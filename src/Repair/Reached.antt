-- ===== src/Repair/Reached.antt =====
-- The states that the repair scheduler of client/repair.ts reaches, and the phase that each is in.
use sync_resource.Shared.{
  ℕ, ◌≡◌, refl, sym, ap, ◌∙◌, ◌≢◌, Bool, true, false, not, ◌&&◌, ◌||◌, Option, none, some, List, [],
  arith, length, eqb,
}
use sync_resource.Repair.{
  RepairResult, Outcome, Scheduler, create_repair_scheduler, timer_fired, run_settled, request,
  reject, dispose, caught, has_run,
}
use sync_resource.Repair.Phases.{
  Phase, idle, scheduled, busy, busy_and_queued, ended, run_of, concrete, asked_phase,
  asked_promises, fired_phase, settled_phase, disposed_phase, disposed_promises, runs,
  promises-concrete, request-concrete, timer_fired-concrete, running-concrete, run_settled-concrete,
  dispose-concrete,
}
use sync_resource.Repair.Promises.{eqb_refl, open_at, open_at-snoc, open_at-below, open_at-resolve}

-- One callback: a request, the timer where it is set, a repair that settles, or the disposal.
pub data Step (s : Scheduler) : Scheduler → Type 0 where
  asked : Step s (request s).0
  fired : s.timer ≡ true → Step s (timer_fired s)
  settled : (id : ℕ) (o : Outcome) → has_run id s.running ≡ true → Step s (run_settled id o s)
  shut : Step s (dispose s)

pub data Steps (s : Scheduler) : Scheduler → Type 0 where
  here : Steps s s
  step : (t u : Scheduler) → Steps s t → Step t u → Steps s u

-- The promises that a phase leaves open.
unfoldable pub waits : ℕ → Phase → Bool
waits id idle = false
waits id (scheduled q) = eqb id q
waits id (busy a) = eqb id a
waits id (busy_and_queued a q) = eqb id a || eqb id q
waits id (ended none) = false
waits id (ended (some a)) = eqb id a

abbrev pub Apart : Phase → Type 0
Apart (busy_and_queued a q) = a ≢ q
Apart _ = Unit {0}

abbrev pub Opens : Phase → List (Option RepairResult) → Type 0
Opens p ps = (id : ℕ) → open_at id ps ≡ waits id p

-- The scheduler is in a phase, and the open promises are those of the phase.
pub record IsScheduler (s : Scheduler) : Type 0 where
  pub phase : Phase
  pub shape : s ≡ concrete phase s.promises
  pub opens : Opens phase s.promises
  pub apart : Apart phase

concrete-IsScheduler :
    (s : Scheduler) (p : Phase) (ps : List (Option RepairResult))
    → s ≡ concrete p ps
    → Opens p ps
    → Apart p
    → IsScheduler s
concrete-IsScheduler s p ps e opens apart =
    let same : s.promises ≡ ps = ap (λ (t : Scheduler). t.promises) e ∙ promises-concrete p ps in
    record {
      phase = p;
      shape = e ∙ ap (concrete p) (sym same);
      opens = λ id. ap (open_at id) same ∙ opens id;
      apart = apart;
    }

pub create-IsScheduler : IsScheduler create_repair_scheduler
unfolding create_repair_scheduler concrete waits
create-IsScheduler = concrete-IsScheduler _ idle [] refl (λ id. refl) tt

asked-Opens :
    (p : Phase) (ps : List (Option RepairResult))
    → Opens p ps
    → Opens (asked_phase (length ps) p) (asked_promises p ps)
unfolding asked_phase asked_promises waits
asked-Opens idle ps h id = open_at-snoc id ps ∙ ap (λ b. b || eqb id (length ps)) (h id)
asked-Opens (scheduled q) ps h id = h id
asked-Opens (busy a) ps h id = open_at-snoc id ps ∙ ap (λ b. b || eqb id (length ps)) (h id)
asked-Opens (busy_and_queued a q) ps h id = h id
asked-Opens (ended a) ps h id = h id

asked-Apart :
    (p : Phase) (ps : List (Option RepairResult))
    → Opens p ps
    → Apart p
    → Apart (asked_phase (length ps) p)
unfolding asked_phase waits
asked-Apart idle ps h d = tt
asked-Apart (scheduled q) ps h d = tt
asked-Apart (busy a) ps h d =
    let below = open_at-below a ps (h a ∙ eqb_refl a) in λ e. absurd (omega (arith, below, e))
asked-Apart (busy_and_queued a q) ps h d = d
asked-Apart (ended a) ps h d = tt

fired-Opens : (p : Phase) (ps : List (Option RepairResult)) → Opens p ps → Opens (fired_phase p) ps
unfolding fired_phase waits
fired-Opens idle ps h = h
fired-Opens (scheduled q) ps h = h
fired-Opens (busy a) ps h = h
fired-Opens (busy_and_queued a q) ps h = h
fired-Opens (ended a) ps h = h

fired-Apart : (p : Phase) → Apart p → Apart (fired_phase p)
unfolding fired_phase
fired-Apart idle d = tt
fired-Apart (scheduled q) d = tt
fired-Apart (busy a) d = tt
fired-Apart (busy_and_queued a q) d = d
fired-Apart (ended a) d = tt

-- What waits after the promise `a` is settled.
settled-waits :
    (p : Phase) (a id : ℕ)
    → runs p ≡ some a
    → Apart p
    → waits id p && not (eqb id a) ≡ waits id (settled_phase p)
unfolding runs settled_phase waits
settled-waits idle a id h d = absurd (grind (arith, h))
settled-waits (scheduled q) a id h d = absurd (grind (arith, h))
settled-waits (busy b) a id h d = let same : b ≡ a = grind (arith, h) in ground (arith, same)
settled-waits (busy_and_queued b q) a id h d =
    let same : b ≡ a = grind (arith, h) in ground (arith, same, d)
settled-waits (ended none) a id h d = absurd (grind (arith, h))
settled-waits (ended (some b)) a id h d =
    let same : b ≡ a = grind (arith, h) in ground (arith, same)

settled-Apart : (p : Phase) → Apart (settled_phase p)
unfolding settled_phase
settled-Apart idle = tt
settled-Apart (scheduled q) = tt
settled-Apart (busy a) = tt
settled-Apart (busy_and_queued a q) = tt
settled-Apart (ended a) = tt

disposed-Opens :
    (p : Phase) (ps : List (Option RepairResult))
    → Opens p ps
    → Apart p
    → Opens (disposed_phase p) (disposed_promises p ps)
unfolding disposed_phase disposed_promises reject waits
disposed-Opens idle ps h d id = h id
disposed-Opens (scheduled q) ps h d id = open_at-resolve id q _ ps ∙ ground (arith, h id)
disposed-Opens (busy a) ps h d id = h id
disposed-Opens (busy_and_queued a q) ps h d id = open_at-resolve id q _ ps ∙ ground (arith, h id, d)
disposed-Opens (ended none) ps h d id = h id
disposed-Opens (ended (some a)) ps h d id = h id

disposed-Apart : (p : Phase) → Apart (disposed_phase p)
unfolding disposed_phase
disposed-Apart idle = tt
disposed-Apart (scheduled q) = tt
disposed-Apart (busy a) = tt
disposed-Apart (busy_and_queued a q) = tt
disposed-Apart (ended a) = tt

has_run-run_of : (id : ℕ) (o : Option ℕ) → has_run id (run_of o) ≡ true → o ≡ some id
unfolding run_of
has_run-run_of id none h = absurd (grind (arith, h))
has_run-run_of id (some a) h = ap some (ground (arith, h))

-- A repair that runs is the one of the phase.
pub IsScheduler-runs :
    (s : Scheduler) (h : IsScheduler s) (id : ℕ)
    → has_run id s.running ≡ true
    → runs h.phase ≡ some id
IsScheduler-runs s h id run =
    let same = ap (λ (t : Scheduler). t.running) h.shape ∙ running-concrete h.phase s.promises in
    has_run-run_of id (runs h.phase) (sym (ap (has_run id) same) ∙ run)

pub Step-IsScheduler : (s t : Scheduler) → IsScheduler s → Step s t → IsScheduler t
Step-IsScheduler s _ h asked =
    concrete-IsScheduler _ _ _
      (ap (λ t. (request t).0) h.shape ∙ request-concrete h.phase s.promises)
      (asked-Opens h.phase s.promises h.opens) (asked-Apart h.phase s.promises h.opens h.apart)
Step-IsScheduler s _ h (fired set) =
    concrete-IsScheduler _ _ _ (ap timer_fired h.shape ∙ timer_fired-concrete h.phase s.promises)
      (fired-Opens h.phase s.promises h.opens) (fired-Apart h.phase h.apart)
Step-IsScheduler s _ h (settled id o run) =
    let at = IsScheduler-runs s h id run in
    concrete-IsScheduler _ _ _
      (ap (run_settled id o) h.shape ∙ run_settled-concrete h.phase s.promises id o at)
      (λ i.
        open_at-resolve i id (caught o) s.promises
        ∙ ap (λ b. b && not (eqb i id)) (h.opens i)
        ∙ settled-waits h.phase id i at h.apart)
      (settled-Apart h.phase)
Step-IsScheduler s _ h shut =
    concrete-IsScheduler _ _ _ (ap dispose h.shape ∙ dispose-concrete h.phase s.promises)
      (disposed-Opens h.phase s.promises h.opens h.apart) (disposed-Apart h.phase)

pub Steps-IsScheduler : (s t : Scheduler) → IsScheduler s → Steps s t → IsScheduler t
Steps-IsScheduler s _ h here = h
Steps-IsScheduler s _ h (step t u before last) =
    Step-IsScheduler t u (Steps-IsScheduler s t h before) last
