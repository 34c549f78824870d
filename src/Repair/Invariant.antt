-- ===== src/Repair/Invariant.antt =====
-- What holds of the repair scheduler of client/repair.ts between two callbacks.
use sync_resource.Shared.{
  ℕ, ◌≤◌, ◌≡◌, refl, sym, subst, ◌∙◌, not, ◌&&◌, ◌||◌, Option, none, some, List, arith, length,
  is_some,
}
use sync_resource.Repair.{RepairResult, Scheduler, create_repair_scheduler, has_run, is_current}
use sync_resource.Repair.Phases.{
  Phase, idle, scheduled, busy, busy_and_queued, ended, run_of, concrete,
}
use sync_resource.Repair.Promises.{open_at}
use sync_resource.Repair.Reached.{Steps, waits, create-IsScheduler, Steps-IsScheduler}

-- At most one repair runs. The timer is set exactly when a repair is queued and none is active, and
-- the promises that have not settled are those of the queued repair and of the one that runs.
pub record IsOrderly (s : Scheduler) : Type 0 where
  pub one_runs : length s.running ≤ 1
  pub timed : s.timer ≡ (is_some s.queued && not (is_some s.active))
  pub opened : (id : ℕ) → open_at id s.promises ≡ (is_current id s.queued || has_run id s.running)

concrete-IsOrderly :
    (p : Phase) (ps : List (Option RepairResult))
    → ((id : ℕ) → open_at id ps ≡ waits id p)
    → IsOrderly (concrete p ps)
unfolding concrete waits run_of is_current
concrete-IsOrderly idle ps h = record { one_runs = omega arith; timed = refl; opened = h }
concrete-IsOrderly (scheduled q) ps h = record {
  one_runs = omega arith;
  timed = refl;
  opened = λ id. h id ∙ ground arith;
}
concrete-IsOrderly (busy a) ps h = record {
  one_runs = omega arith;
  timed = refl;
  opened = λ id. h id ∙ ground arith;
}
concrete-IsOrderly (busy_and_queued a q) ps h = record {
  one_runs = omega arith;
  timed = refl;
  opened = λ id. h id ∙ ground arith;
}
concrete-IsOrderly (ended none) ps h = record { one_runs = omega arith; timed = refl; opened = h }
concrete-IsOrderly (ended (some a)) ps h = record {
  one_runs = omega arith;
  timed = refl;
  opened = λ id. h id ∙ ground arith;
}

-- In any state that a new scheduler reaches by requests, the timer, settled repairs and disposals, at
-- most one repair runs, the timer is set exactly when a repair is queued and none is active, and the
-- promises that have not settled are those of the queued repair and of the one that runs.
pub Steps-IsOrderly : (s : Scheduler) → Steps create_repair_scheduler s → IsOrderly s
Steps-IsOrderly s reached =
    let h = Steps-IsScheduler create_repair_scheduler s create-IsScheduler reached in
    subst IsOrderly (sym h.shape) (concrete-IsOrderly h.phase s.promises h.opens)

■ Task statement
Look through the entries above and report each line where the string "filename" occurs.

■ Expected answer
filename src/Repair/Reached.antt
filename src/Repair/Invariant.antt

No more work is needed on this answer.